### Work to be completed
Range to output from the entries below: the line containing "next_path runtime (g, n)" through the line containing "abbrev pub time_in_name". Set it down exactly, ends included, nothing else.

### Data under study
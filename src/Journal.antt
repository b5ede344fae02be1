-- ===== src/Journal.antt =====
-- internal/journal/journal.go: where tasks keep their files, and where handled files go. `text` stands
-- for an error that is only reported.
pub mod Archive
pub mod Handled
mod Tests
use baamhackl.Base.{
  ℕ, zero, suc, ◌+◌, ◌-◌, ◌*◌, ◌%◌, Bool, true, false, Option, none, some, List, [], ◌∷◌, ◌++◌, map,
  inl, inr, if◌then◌else◌,
}
use baamhackl.Base.Int.{ℤ, pos_part, neg_part}
use baamhackl.FilePaths.{FilePath, join, base}
use baamhackl.Waryio.{IoError, other, Result, make_available_dir, rename_to_available_name}
use baamhackl.Waryio.RelDir.{DirCalls, ensure_rel_dir}
use baamhackl.UniqueName.{Generator, Runtime, next}
use baamhackl.UniqueName.Create.{Options, Clock, default_options, create, extract_time}
use baamhackl.Prune
use baamhackl.Prune.{AcceptFunc, make_age_filter}
use baamhackl.Handler.Attempt.{Errors}

-- The fields of config.Handler that the journal reads.
pub record JournalConfig : Type 0 where
  pub path : FilePath
  pub journal_dir : FilePath
  pub success_dir : FilePath
  pub failure_dir : FilePath
  pub journal_retention : ℤ

-- dirOptions
pub record DirOptions : Type 0 where
  pub dir : FilePath
  pub options : Options

-- Journal
pub record Journal : Type 0 where
  pub cfg : JournalConfig
  pub journal_dir : DirOptions
  pub success_dir : DirOptions
  pub failure_dir : DirOptions

-- New
unfoldable pub new : JournalConfig → Journal
new cfg = record {
  cfg = cfg;
  journal_dir = record {
    dir = cfg.journal_dir;
    options = record default_options { before_extension = false };
  };
  success_dir = record { dir = cfg.success_dir; options = default_options };
  failure_dir = record { dir = cfg.failure_dir; options = default_options };
}

-- What the journal calls: the file system, the clock, the runtime of a generator by the count of names
-- that it has given, and, for a directory, what a Pruner calls there.
pub record Calls (W : Type 0) : Type 0 where
  pub dirs : DirCalls W
  pub rename_without_replace : W → FilePath → FilePath → W × Option IoError
  pub clock : W → Clock
  pub runtime : ℕ → Runtime
  pub prune_calls : FilePath → Prune.Calls W

-- The generator as an iterator. That Next panics does not happen (UniqueName.Length).
unfoldable pub next_path : (ℕ → Runtime) → Generator × ℕ → Option (FilePath × (Generator × ℕ))
next_path runtime (g, n) = elim (next (runtime n) g) [
  | none ↦ none
  | some (p, g') ↦ some (p, (g', n + 1))
]

-- The directory that MoveToArchive chooses.
unfoldable pub archive_dir : Journal → Bool → DirOptions
archive_dir j success = if success then j.success_dir else j.failure_dir

-- Time.Truncate(time.Minute).
abbrev pub truncate_minute : ℕ → ℕ
truncate_minute t = t - t % (60 * 1000000000)

-- The deadline of Prune.
unfoldable pub deadline : Journal → ℕ → ℕ
deadline j now =
    truncate_minute (now + neg_part j.cfg.journal_retention - pos_part j.cfg.journal_retention)

-- A pruner of Prune: its directory and its filter.
abbrev pub Pruner : Type 0
Pruner = FilePath × AcceptFunc

abbrev pub time_in_name : Clock → Options → FilePath → Result ℕ
time_in_name clock opts name = elim (extract_time clock name opts) [
  | none ↦ inl (other 0)
  | some t ↦ inr t
]

module _ {W : Type 0} (calls : Calls W) (j : Journal) where
  -- ensureDir
  unfoldable pub ensure_dir : FilePath → W → W × Result FilePath
  ensure_dir path w = ensure_rel_dir calls.dirs j.cfg.path path w

  -- ensureDirForName. filepath.Base never returns an empty name.
  unfoldable pub ensure_dir_for_name : DirOptions → FilePath → W → W × Result Generator
  ensure_dir_for_name d hint w =
      let (w', made) = ensure_dir d.dir w in
      elim made [
        | inl e ↦ (w', inl e)
        | inr dir ↦ elim (create (calls.clock w') (join (dir ∷ base hint ∷ [])) d.options) [
          | none ↦ (w', inl (other 0))
          | some g ↦ (w', inr g)
        ]
      ]

  -- CreateTaskDir; none at the end of the fuel.
  unfoldable pub create_task_dir : ℕ → FilePath → W → Option (W × Result FilePath)
  create_task_dir fuel hint w =
      let (w', made) = ensure_dir_for_name j.journal_dir hint w in
      elim made [
        | inl e ↦ some (w', inl e)
        | inr g ↦ make_available_dir calls.dirs.mkdir (next_path calls.runtime) fuel w' (g, 0)
      ]

  -- MoveToArchive; none at the end of the fuel.
  unfoldable pub move_to_archive : ℕ → FilePath → Bool → W → Option (W × Result FilePath)
  move_to_archive fuel path success w =
      let (w', made) = ensure_dir_for_name (archive_dir j success) (base path) w in
      elim made [
        | inl e ↦ some (w', inl e)
        | inr g ↦
            rename_to_available_name calls.rename_without_replace path (next_path calls.runtime)
              fuel w' (g, 0)
      ]

  -- The first loop of Prune.
  unfoldable pub make_pruners : Clock → List DirOptions → W → W × Result (List Pruner)
  make_pruners clock [] w = (w, inr [])
  make_pruners clock (d ∷ ds) w =
      let (w', made) = ensure_dir d.dir w in
      let (w'', rest) = make_pruners clock ds w' in
      elim made [
        | inl e ↦ (w', inl e)
        | inr dir ↦ elim rest [
          | inl e ↦ (w'', inl e)
          | inr ps ↦ (
            w'',
            inr ((dir, make_age_filter (deadline j clock.now) (time_in_name clock d.options)) ∷ ps),
          )
        ]
      ]

  -- Its second loop; ErrUnavailable is `unavailable`.
  unfoldable pub run_pruners : IoError → List Pruner → W → Errors → W × Errors
  run_pruners unavailable [] w errs = (w, errs)
  run_pruners unavailable ((dir, accept) ∷ ps) w errs =
      let (w', e) = Prune.run (calls.prune_calls dir) accept unavailable w in
      run_pruners unavailable ps w' (errs ++ e)

  -- Prune
  unfoldable pub prune : IoError → W → W × Errors
  prune unavailable w =
      let (w', made) =
        make_pruners (calls.clock w) (j.journal_dir ∷ j.success_dir ∷ j.failure_dir ∷ []) w in
      elim made [ inl e ↦ (w', e ∷ []) | inr ps ↦ run_pruners unavailable ps w' [] ]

### Written solution
next_path runtime (g, n) = elim (next (runtime n) g) [
  | none ↦ none
  | some (p, g') ↦ some (p, (g', n + 1))
]

-- The directory that MoveToArchive chooses.
unfoldable pub archive_dir : Journal → Bool → DirOptions
archive_dir j success = if success then j.success_dir else j.failure_dir

-- Time.Truncate(time.Minute).
abbrev pub truncate_minute : ℕ → ℕ
truncate_minute t = t - t % (60 * 1000000000)

-- The deadline of Prune.
unfoldable pub deadline : Journal → ℕ → ℕ
deadline j now =
    truncate_minute (now + neg_part j.cfg.journal_retention - pos_part j.cfg.journal_retention)

-- A pruner of Prune: its directory and its filter.
abbrev pub Pruner : Type 0
Pruner = FilePath × AcceptFunc

abbrev pub time_in_name : Clock → Options → FilePath → Result ℕ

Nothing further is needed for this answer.